Fluid-loss control pills employed in post gravel or frac packs can be categorized as those containing solids and those that are solids-free. Sized salt and sized-carbonate are common solids in pills. But these have several limitations.

In some cases, an "all-in-one-sack" approach determines the size distribution of the salt particles.

This non-customized approach to particle-size distribution prevents the typical sized-salt pill from being optimized for a wide range of premium and wire-wrapped screens. Also salt pills require a comparatively high solids loading because salt solubility increases with the amount of free water in the system and with temperature. Furthermore, temperature and pressure affect salt particle size.

One, therefore, cannot accurately control the size distribution of these salt bridging particles. This inability increases the potential of particle invasion into the interior of the screen matrix and gravel pack.

Controlling excessive leak-off may require large pills that can dehydrate in the screen. This dehydration may produce a solid plug that can be difficult to remove completely, even with the best remedial treatment.

Except for issues relating to solubility in the brine, the typical sized-carbonate pill suffers some of the same limitations as salt pills. Many of these limitations are the direct result of formulations not being optimized to match the specific downhole hardware and conditions.

Carbonate pills usually contain 75-120 lbm/bbl of solids. As with salt pills, high solids loading, large pill volumes, and less-than-ideal leak-off can plug the screen and sometimes the packer assembly and blank pipe. The removal of these plugs often requires mechanical intervention.

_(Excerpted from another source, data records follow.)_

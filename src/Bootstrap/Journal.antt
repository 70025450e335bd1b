-- ===== src/Bootstrap/Journal.antt =====
-- internal/bootstrap/journal.go: the durable journal and `validateJournal`. `cloneJournal` copies
-- shared slices and pointers; on values it is the identity and has no counterpart here.
pub mod Validity
pub mod Accepted
pub mod Clean
use sovereignite.Base.{
  Bytes, same, codes, ℕ, zero, suc, ◌+◌, Bool, true, false, not, ◌&&◌, ◌||◌, Option, none, some,
  List, [], ◌∷◌, ◌++◌, leb, ltb, ◌==◌, fail_if, first_error, is_some, length, get_elem?,
  if◌then◌else◌,
}
use sovereignite.Bootstrap.Step.{
  Step, tpm_key_manager_ca_signing, kubelet_config, calico_ipv6, istio_ingress, spire_tpm_config,
  initialize_api_server, wait_control_plane, apply_cluster_configs, mark_complete, Component,
  key_manager, kubernetes, calico, istio, spire, dex, ordered_steps, same_step, same_component,
  step_index, step_text,
}
use sovereignite.Bootstrap.Error
use sovereignite.Bootstrap.Error.{Error}
use sovereignite.Bootstrap.Identifier.{
  validate_pinned_identifier, valid_sha256, valid_transaction_id,
}

-- `time.Time`: nanoseconds since its zero value, and whether its location is `time.UTC`.
pub record Time : Type 0 where
  pub instant : ℕ
  pub utc : Bool

pub record Observation : Type 0 where
  pub component : Component
  pub version : Bytes
  pub artifact_sha256 : Bytes
  pub resource_sha256 : Bytes
  pub ready : Bool

-- `Evidence` has one field, its observations.
abbrev pub Evidence : Type 0
Evidence = List Observation

pub data JournalState : Type 0 where
  in_progress complete failed : JournalState
  other_state : Bytes → JournalState

pub record Attempt : Type 0 where
  pub step : Step
  pub started_at : Time
  pub attempts : ℕ  -- uint64

pub record StepRecord : Type 0 where
  pub step : Step
  pub evidence : Evidence
  pub completed_at : Time

pub data FailureCode : Type 0 where
  failure_action failure_verification failure_prepared : FailureCode
  other_code : Bytes → FailureCode

pub record Failure : Type 0 where
  pub step : Step
  pub code : FailureCode
  pub message : Bytes
  pub at_time : Time

pub record Journal : Type 0 where
  pub version : ℕ  -- uint32
  pub revision : ℕ  -- uint64
  pub transaction_id : Bytes
  pub bootstrap_version : Bytes
  pub configuration_sha256 : Bytes
  pub state : JournalState
  pub prepared : Bool
  pub prepared_at : Option Time
  pub steps : List StepRecord
  pub current : Option Attempt
  pub failure : Option Failure
  pub updated_at : Time

abbrev pub journal_version : ℕ
journal_version = 1

-- The nil slice of `expectedComponents` and of the default clauses is the empty list.
unfoldable pub expected_components : Step → List Component
expected_components tpm_key_manager_ca_signing = key_manager ∷ []
expected_components kubelet_config = kubernetes ∷ []
expected_components initialize_api_server = kubernetes ∷ []
expected_components wait_control_plane = kubernetes ∷ []
expected_components calico_ipv6 = calico ∷ []
expected_components istio_ingress = istio ∷ []
expected_components spire_tpm_config = spire ∷ []
expected_components apply_cluster_configs = kubernetes ∷ calico ∷ istio ∷ spire ∷ dex ∷ []
expected_components mark_complete = kubernetes ∷ calico ∷ istio ∷ spire ∷ dex ∷ []
expected_components (Step.other_step _) = []

-- The three steps whose observations must be ready.
abbrev pub requires_ready : Step → Bool
requires_ready wait_control_plane = true
requires_ready apply_cluster_configs = true
requires_ready mark_complete = true
requires_ready _ = false

abbrev pub observation_checks : Bool → ℕ → Observation → Component → List (Option Error)
observation_checks readiness index o expected =
    fail_if (not (same_component o.component expected))
      (Error.evidence_component (index + 1) o.component)
    ∷ validate_pinned_identifier "observation version" o.version
    ∷ fail_if (not (valid_sha256 o.artifact_sha256) || not (valid_sha256 o.resource_sha256))
        Error.evidence_digest
    ∷ fail_if (readiness && not o.ready) Error.evidence_not_ready
    ∷ []

-- The loop of `validateEvidenceShape`; the counts have been compared before it.
unfoldable pub evidence_checks : Bool → ℕ → Evidence → List Component → List (Option Error)
evidence_checks readiness index [] cs = []
evidence_checks readiness index (o ∷ os) [] = some Error.panic ∷ []
evidence_checks readiness index (o ∷ os) (c ∷ cs) =
    first_error (observation_checks readiness index o c)
    ∷ evidence_checks readiness (index + 1) os cs

abbrev pub shape_checks : Step → Evidence → List (Option Error)
shape_checks step evidence =
    fail_if (not (length evidence == length (expected_components step)))
      (Error.evidence_count (length evidence) (length (expected_components step)))
    ∷ first_error (evidence_checks (requires_ready step) 0 evidence (expected_components step))
    ∷ []

unfoldable pub validate_evidence_shape : Step → Evidence → Option Error
validate_evidence_shape step evidence = first_error (shape_checks step evidence)

unfoldable pub failure_message : Step → FailureCode → Bytes
failure_message step FailureCode.failure_verification =
    step_text step ++ codes " verification failed; existing state was preserved"
failure_message step FailureCode.failure_prepared =
    step_text step ++ codes " completed but prepared readiness publication failed"
failure_message step _ = step_text step ++ codes " failed; existing state was preserved"

-- `t.IsZero() || t.Location() != time.UTC`.
abbrev pub bad_time : Time → Bool
bad_time t = t.instant == 0 || not t.utc

-- `bad_time` or `t.After(limit)`.
abbrev pub untimely : Time → Time → Bool
untimely limit t = bad_time t || ltb limit.instant t.instant

abbrev pub record_checks : Time → ℕ → StepRecord → Step → List (Option Error)
record_checks updated index r expected =
    fail_if (not (same_step r.step expected)) (Error.journal_step_order (index + 1) r.step)
    ∷ fail_if (untimely updated r.completed_at) (Error.journal_step_time r.step)
    ∷ validate_evidence_shape r.step r.evidence
    ∷ []

-- The loop over the steps; that there are at most nine has been tested before it.
unfoldable pub steps_checks : Time → ℕ → List StepRecord → List Step → List (Option Error)
steps_checks updated index [] ordered = []
steps_checks updated index (r ∷ rs) [] = some Error.panic ∷ []
steps_checks updated index (r ∷ rs) (s ∷ ordered) =
    first_error (record_checks updated index r s) ∷ steps_checks updated (index + 1) rs ordered

abbrev pub header_checks : Journal → List (Option Error)
header_checks j =
    fail_if (not (j.version == journal_version)) (Error.journal_version j.version)
    ∷ fail_if (j.revision == 0) Error.journal_revision_zero
    ∷ fail_if (not (valid_transaction_id j.transaction_id)) Error.journal_transaction_id
    ∷ validate_pinned_identifier "journal bootstrap version" j.bootstrap_version
    ∷ fail_if (not (valid_sha256 j.configuration_sha256)) Error.journal_digest
    ∷ fail_if (bad_time j.updated_at) Error.journal_update_time
    ∷ fail_if (ltb (length ordered_steps) (length j.steps)) Error.journal_too_many_steps
    ∷ []

-- Steps 1 to 5 are the prerequisites: `stepIndex(StepSPIRETPMConfig)+1` is 5.
unfoldable pub should_be_prepared : Journal → Bool
should_be_prepared j = leb 5 (length j.steps)

abbrev pub same_bool : Bool → Bool → Bool
same_bool true b = b
same_bool false b = not b

abbrev pub prepared_time_check : Time → Bool → Option Time → Option Error
prepared_time_check updated true none = some Error.journal_prepared_time
prepared_time_check updated true (some t) = fail_if (untimely updated t) Error.journal_prepared_time
prepared_time_check updated false none = none
prepared_time_check updated false (some t) = some Error.journal_unprepared_time

abbrev pub prepared_checks : Journal → List (Option Error)
prepared_checks j =
    fail_if (not (same_bool j.prepared (should_be_prepared j))) Error.journal_prepared
    ∷ prepared_time_check j.updated_at j.prepared j.prepared_at
    ∷ []

-- The switch on the state.
unfoldable pub state_check : JournalState → Journal → Option Error
state_check JournalState.in_progress j =
    if is_some j.failure
    then some Error.journal_failure_in_progress
    else fail_if (length j.steps == length ordered_steps) Error.journal_steps_in_progress
state_check JournalState.complete j =
    fail_if
      (not (length j.steps == length ordered_steps)
        || is_some j.current
        || is_some j.failure
        || not j.prepared)
      Error.journal_incomplete
state_check JournalState.failed j = fail_if (not (is_some j.failure)) Error.journal_no_failure
state_check (JournalState.other_state s) j = some (Error.journal_unknown_state s)

-- `len(journal.Steps) == len(orderedSteps) || attempt.Step != orderedSteps[len(journal.Steps)]`.
abbrev pub is_not_next : Option Step → Step → Bool
is_not_next none s = true
is_not_next (some next) s = not (same_step s next)

unfoldable pub current_check : Option Attempt → Journal → Option Error
current_check none j = none
current_check (some a) j =
    if is_not_next (get_elem? ordered_steps (length j.steps)) a.step
    then some Error.journal_current_step
    else fail_if (a.attempts == 0 || untimely j.updated_at a.started_at)
        Error.journal_current_attempt

abbrev pub is_known_code : FailureCode → Bool
is_known_code (FailureCode.other_code _) = false
is_known_code _ = true

abbrev pub failure_checks : Journal → Failure → List (Option Error)
failure_checks j f =
    fail_if (not (is_some (step_index f.step)) || untimely j.updated_at f.at_time)
      Error.journal_failure
    ∷ fail_if (not (is_known_code f.code)) Error.journal_failure_code
    ∷ fail_if (not (same f.message (failure_message f.step f.code))) Error.journal_failure_message
    ∷ []

unfoldable pub failure_check : Option Failure → Journal → Option Error
failure_check none j = none
failure_check (some f) j = first_error (failure_checks j f)

abbrev pub journal_checks : Journal → List (Option Error)
journal_checks j =
    first_error (header_checks j)
    ∷ first_error (steps_checks j.updated_at 0 j.steps ordered_steps)
    ∷ first_error (prepared_checks j)
    ∷ state_check j.state j
    ∷ current_check j.current j
    ∷ failure_check j.failure j
    ∷ []

unfoldable pub validate_journal : Journal → Option Error
validate_journal j = first_error (journal_checks j)
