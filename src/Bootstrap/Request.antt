-- ===== src/Bootstrap/Request.antt =====
-- internal/bootstrap/service.go, ca.go, kubelet.go, calico.go, istio.go, spire.go, dex.go: the calls
-- that the coordinator makes of its dependencies. An `Action` changes the world and returns an
-- observation, a `Check` reads the world against an observation.
use sovereignite.Base.{Bytes, Bool}
use sovereignite.Bootstrap.Step.{Step, Component}
use sovereignite.Bootstrap.Config.{Artifact, Prefix}
use sovereignite.Bootstrap.Journal.{Observation}

pub record Operation : Type 0 where
  pub transaction_id : Bytes
  pub idempotency_key : Bytes
  pub bootstrap_version : Bytes
  pub configuration_sha256 : Bytes
  pub step : Step
  pub field_manager : Bytes
  pub force_ownership : Bool
  pub compatibility : Artifact

pub record CaRequest : Type 0 where
  pub purpose : Bytes
  pub artifact : Artifact
  pub key_inventory : Artifact
  pub issuer_hierarchy : Artifact

pub record SpireRequest : Type 0 where
  pub artifact : Artifact
  pub tpm_device_key_reference : Bytes
  pub key_inventory : Artifact
  pub issuer_hierarchy : Artifact

pub record DexRequest : Type 0 where
  pub artifact : Artifact
  pub issuer_hierarchy : Artifact
  pub ingress_token_flow : Artifact

-- The methods of the dependencies that return an observation. `reconcile` and `check_ready` are
-- methods of several dependencies; the component says of which.
pub data Action : Type 0 where
  ensure_signing : Operation → CaRequest → Action
  prepare_kubelet : Operation → Artifact → Artifact → Action
  prepare_ipv6 : Operation → Prefix → Artifact → Action
  prepare_ingress : Operation → Artifact → Artifact → Action
  prepare_tpm : Operation → SpireRequest → Action
  initialize_api_server : Operation → Artifact → Artifact → Action
  wait_control_plane : Operation → Artifact → Action
  reconcile : Component → Operation → Artifact → Action
  reconcile_dex : Operation → DexRequest → Action
  check_ready : Component → Operation → Action

pub data Check : Type 0 where
  verify_signing : Operation → CaRequest → Observation → Check
  verify_kubelet : Operation → Artifact → Artifact → Observation → Check
  verify_ipv6 : Operation → Prefix → Artifact → Observation → Check
  verify_ingress : Operation → Artifact → Artifact → Observation → Check
  verify_tpm : Operation → SpireRequest → Observation → Check
  verify_api_server : Operation → Artifact → Artifact → Observation → Check
  verify_control_plane : Operation → Artifact → Observation → Check
  verify_reconciled : Component → Operation → Artifact → Observation → Check
  verify_reconciled_dex : Operation → DexRequest → Observation → Check
  verify_ready : Component → Operation → Observation → Check

-- The operation under which an action is called.
abbrev pub operation_of : Action → Operation
operation_of (ensure_signing o _) = o
operation_of (prepare_kubelet o _ _) = o
operation_of (prepare_ipv6 o _ _) = o
operation_of (prepare_ingress o _ _) = o
operation_of (prepare_tpm o _) = o
operation_of (initialize_api_server o _ _) = o
operation_of (wait_control_plane o _) = o
operation_of (reconcile _ o _) = o
operation_of (reconcile_dex o _) = o
operation_of (check_ready _ o) = o
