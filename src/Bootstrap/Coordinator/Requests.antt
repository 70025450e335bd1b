-- ===== src/Bootstrap/Coordinator/Requests.antt =====
-- internal/bootstrap/cluster.go: the coordinator's state, what it asks of its dependencies, and what
-- it expects their observations to say.
use sovereignite.Base.{
  Bytes, same, codes, ℕ, Bool, false, not, ◌||◌, Option, some, List, [], ◌∷◌, ◌++◌, fail_if,
  first_error, get_elem?,
}
use sovereignite.Bootstrap.Step.{
  Step, tpm_key_manager_ca_signing, kubelet_config, calico_ipv6, istio_ingress, spire_tpm_config,
  initialize_api_server, wait_control_plane, apply_cluster_configs, mark_complete, Component,
  key_manager, kubernetes, calico, istio, spire, dex, step_text,
}
use sovereignite.Bootstrap.Error.{Error, Result, ok, unless, or_err, ◌>>=◌}
use sovereignite.Bootstrap.Config.{Artifact, Configuration, Digests, validate_configuration}
use sovereignite.Bootstrap.Journal.{Observation, Evidence, Journal, validate_evidence_shape}
use sovereignite.Bootstrap.Request.{Operation, CaRequest, SpireRequest, DexRequest}

-- The configuration and its digest. The store, the dependencies, the clock and the hooks are in `Env`.
pub record Coordinator : Type 0 where
  pub config : Configuration
  pub config_digest : Bytes

-- Which of the arguments of `newCoordinator` are not nil.
pub record Wiring : Type 0 where
  pub has_store : Bool
  pub has_ca : Bool
  pub has_kubernetes : Bool
  pub has_calico : Bool
  pub has_istio : Bool
  pub has_spire : Bool
  pub has_dex : Bool
  pub has_prepared : Bool

abbrev pub is_incomplete : Wiring → Bool
is_incomplete w =
    not w.has_ca
    || not w.has_kubernetes
    || not w.has_calico
    || not w.has_istio
    || not w.has_spire
    || not w.has_dex
    || not w.has_prepared

-- `newCoordinator`; its defaults for the clock and the generator of identifiers are parts of `Env`.
unfoldable pub new_coordinator : Digests → Wiring → Configuration → Result Coordinator
new_coordinator d w config = unless (fail_if (not w.has_store) Error.dependencies_unavailable) (
    unless (fail_if (is_incomplete w) Error.dependencies_unavailable) do
      digest ← validate_configuration d config
      ok (record { config = config; config_digest = digest }))

-- The observation that a step must return, without the digest of the resource.
abbrev expected : Component → Artifact → Observation
expected component artifact = record {
  component = component;
  version = artifact.version;
  artifact_sha256 = artifact.sha256;
  resource_sha256 = [];
  ready = false;
}

unfoldable pub expected_observations : Coordinator → Step → List Observation
expected_observations c tpm_key_manager_ca_signing =
    expected key_manager c.config.artifacts.ca_request ∷ []
expected_observations c kubelet_config = expected kubernetes c.config.artifacts.kubelet ∷ []
expected_observations c calico_ipv6 = expected calico c.config.artifacts.calico ∷ []
expected_observations c istio_ingress = expected istio c.config.artifacts.istio ∷ []
expected_observations c spire_tpm_config = expected spire c.config.artifacts.spire ∷ []
expected_observations c initialize_api_server =
    expected kubernetes c.config.artifacts.control_plane ∷ []
expected_observations c wait_control_plane =
    expected kubernetes c.config.artifacts.control_plane ∷ []
expected_observations c apply_cluster_configs =
    expected kubernetes c.config.artifacts.cluster
    ∷ expected calico c.config.artifacts.calico
    ∷ expected istio c.config.artifacts.istio
    ∷ expected spire c.config.artifacts.spire
    ∷ expected dex c.config.artifacts.dex
    ∷ []
expected_observations c mark_complete =
    expected kubernetes c.config.artifacts.cluster
    ∷ expected calico c.config.artifacts.calico
    ∷ expected istio c.config.artifacts.istio
    ∷ expected spire c.config.artifacts.spire
    ∷ expected dex c.config.artifacts.dex
    ∷ []
expected_observations c (Step.other_step _) = []

abbrev pub binding_checks : Observation → Observation → List (Option Error)
binding_checks o x =
    fail_if (not (same o.version x.version)) (Error.observation_version o.component)
    ∷ fail_if (not (same o.artifact_sha256 x.artifact_sha256))
        (Error.observation_artifact o.component)
    ∷ []

-- The loop of `validateEvidence`; an index beyond the expected observations would be a crash.
unfoldable pub bindings_checks : Evidence → List Observation → List (Option Error)
bindings_checks [] xs = []
bindings_checks (o ∷ os) [] = some Error.panic ∷ []
bindings_checks (o ∷ os) (x ∷ xs) = first_error (binding_checks o x) ∷ bindings_checks os xs

abbrev pub evidence_binding_checks : Coordinator → Step → Evidence → List (Option Error)
evidence_binding_checks c step evidence =
    validate_evidence_shape step evidence
    ∷ first_error (bindings_checks evidence (expected_observations c step))
    ∷ []

-- `Coordinator.validateEvidence`.
unfoldable pub validate_evidence : Coordinator → Step → Evidence → Option Error
validate_evidence c step evidence = first_error (evidence_binding_checks c step evidence)

-- `requireCompatible`.
unfoldable pub require_compatible : Coordinator → Journal → Option Error
require_compatible c j =
    fail_if
      (not (same j.bootstrap_version c.config.bootstrap_version)
        || not (same j.configuration_sha256 c.config_digest))
      Error.incompatible_configuration

abbrev pub bootstrap_field_manager : Bytes
bootstrap_field_manager = codes "sovereignite-bootstrap"

-- `idempotencyKey`: the digest of the transaction, a zero byte and the step.
unfoldable pub idempotency_key : Digests → Bytes → Step → Bytes
idempotency_key d transaction step = d.sha256_hex (transaction ++ 0 ∷ step_text step)

unfoldable pub operation : Digests → Coordinator → Journal → Step → Operation
operation d c j step = record {
  transaction_id = j.transaction_id;
  idempotency_key = idempotency_key d j.transaction_id step;
  bootstrap_version = j.bootstrap_version;
  configuration_sha256 = j.configuration_sha256;
  step = step;
  field_manager = bootstrap_field_manager;
  force_ownership = false;
  compatibility = c.config.authority.compatibility;
}

unfoldable pub ca_request : Coordinator → CaRequest
ca_request c = record {
  purpose = codes "bootstrap-ca-signing";
  artifact = c.config.artifacts.ca_request;
  key_inventory = c.config.authority.tpm_key_inventory;
  issuer_hierarchy = c.config.authority.issuer_hierarchy;
}

unfoldable pub spire_request : Coordinator → SpireRequest
spire_request c = record {
  artifact = c.config.artifacts.spire;
  tpm_device_key_reference = c.config.tpm_device_key_reference;
  key_inventory = c.config.authority.tpm_key_inventory;
  issuer_hierarchy = c.config.authority.issuer_hierarchy;
}

unfoldable pub dex_request : Coordinator → DexRequest
dex_request c = record {
  artifact = c.config.artifacts.dex;
  issuer_hierarchy = c.config.authority.issuer_hierarchy;
  ingress_token_flow = c.config.authority.ingress_token_flow;
}

-- `observations[i]`, which crashes out of range.
abbrev pub observation_at : List Observation → ℕ → Result Observation
observation_at os i = or_err (get_elem? os i) Error.panic
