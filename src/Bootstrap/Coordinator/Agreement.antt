-- ===== src/Bootstrap/Coordinator/Agreement.antt =====
-- What `newCoordinator` admits, and that cluster.go's expectations agree with those of journal.go.
use mathlib.Core.List.{map}
use mathlib.Core.Path.{sym, ◌∙◌}
use sovereignite.Base.{◌↔◌, true, false, not, fail_if, fail_if-none, passes, ap, ◌≡◌, refl, arith}
use sovereignite.Bootstrap.Step.{Step, tpm_key_manager_ca_signing}
use sovereignite.Bootstrap.Error.{Error, ok, unless-ok, >>=-ok}
use sovereignite.Bootstrap.Config.{Configuration, Digests, validate_configuration}
use sovereignite.Bootstrap.Config.Laws.{IsAcceptedConfiguration, validate_configuration-IsAccepted}
use sovereignite.Bootstrap.Journal.{expected_components}
use sovereignite.Bootstrap.Coordinator.Requests.{
  Coordinator, Wiring, is_incomplete, new_coordinator, expected_observations,
}

-- The observations that a step's evidence is compared with are of the components that its shape asks for,
-- in their order, for every step; so validateEvidence never indexes beyond them.
pub expected_observations-components :
    (c : Coordinator) (step : Step)
    → map (λ o. o.component) (expected_observations c step) ≡ expected_components step
unfolding expected_observations expected_components
expected_observations-components c tpm_key_manager_ca_signing = refl
expected_observations-components c _ = refl

ok-injective : {A : Type 0} (a a' : A) → ok a ≡ ok a' → a ≡ a'
ok-injective a a' p = cc

-- All that `newCoordinator` needs is there.
pub record IsWired (w : Wiring) : Type 0 where
  pub store : w.has_store ≡ true
  pub ca : w.has_ca ≡ true
  pub kubernetes : w.has_kubernetes ≡ true
  pub calico : w.has_calico ≡ true
  pub istio : w.has_istio ≡ true
  pub spire : w.has_spire ≡ true
  pub dex : w.has_dex ≡ true
  pub prepared : w.has_prepared ≡ true

IsWired-of : (w : Wiring) → w.has_store ≡ true → is_incomplete w ≡ false → IsWired w
IsWired-of w stored complete = record {
  store = stored;
  ca = ground arith;
  kubernetes = ground arith;
  calico = ground arith;
  istio = ground arith;
  spire = ground arith;
  dex = ground arith;
  prepared = ground arith;
}

IsWired-complete : (w : Wiring) → IsWired w → is_incomplete w ≡ false
IsWired-complete w h = rw (h.ca, h.kubernetes, h.calico, h.istio, h.spire, h.dex, h.prepared) refl

-- newCoordinator returns a coordinator exactly when the store, the signing service, the five cluster
-- dependencies and the publisher of readiness are all there and the configuration passes its validation;
-- the coordinator has that configuration and its digest, and the configuration is an accepted one.
pub new_coordinator_iff :
    (d : Digests) (w : Wiring) (config : Configuration) (c : Coordinator)
    → (new_coordinator d w config ≡ ok c) ↔ (
        IsWired w
        × (validate_configuration d config ≡ ok c.config_digest)
        × (c.config ≡ config)
        × IsAcceptedConfiguration d config c.config_digest)
unfolding new_coordinator
new_coordinator_iff d w config c = (
  λ h.
      let (stored, rest) =
        unless-ok (fail_if (not w.has_store) Error.dependencies_unavailable) _ h in
      let (wired, checked) =
        unless-ok (fail_if (is_incomplete w) Error.dependencies_unavailable) _ rest in
      let (digest, validated, built) = >>=-ok _ _ checked in
      let same_as = ok-injective (record { config = config; config_digest = digest }) c built in
      let kept : digest ≡ c.config_digest = ap (λ x. x.config_digest) same_as in
      let accepted : validate_configuration d config ≡ ok c.config_digest =
        validated ∙ ap ok kept in
      (
        IsWired-of w (passes _ _ stored) (fail_if-none _ _ wired),
        accepted,
        ap (λ x. x.config) (sym same_as),
        validate_configuration-IsAccepted d config c.config_digest accepted,
      ),
  λ h.
      rw (h.0.store, IsWired-complete w h.0, h.1)
        (ap (λ x. ok (record { config = x; config_digest = c.config_digest })) (sym h.2)),
)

Solids-free, crosslinked polymer pills can be effective for preventing fluid invasion into the screen, gravel pack, and formation matrix. Although solids plugging is not a problem with these crosslinked pills, they have a relatively large volume and require remedial treatments for removal. In many cases, producing-interval permeability, bottomhole temperature (BHT), or completion brine density prevent these pills from either being employed or being effective.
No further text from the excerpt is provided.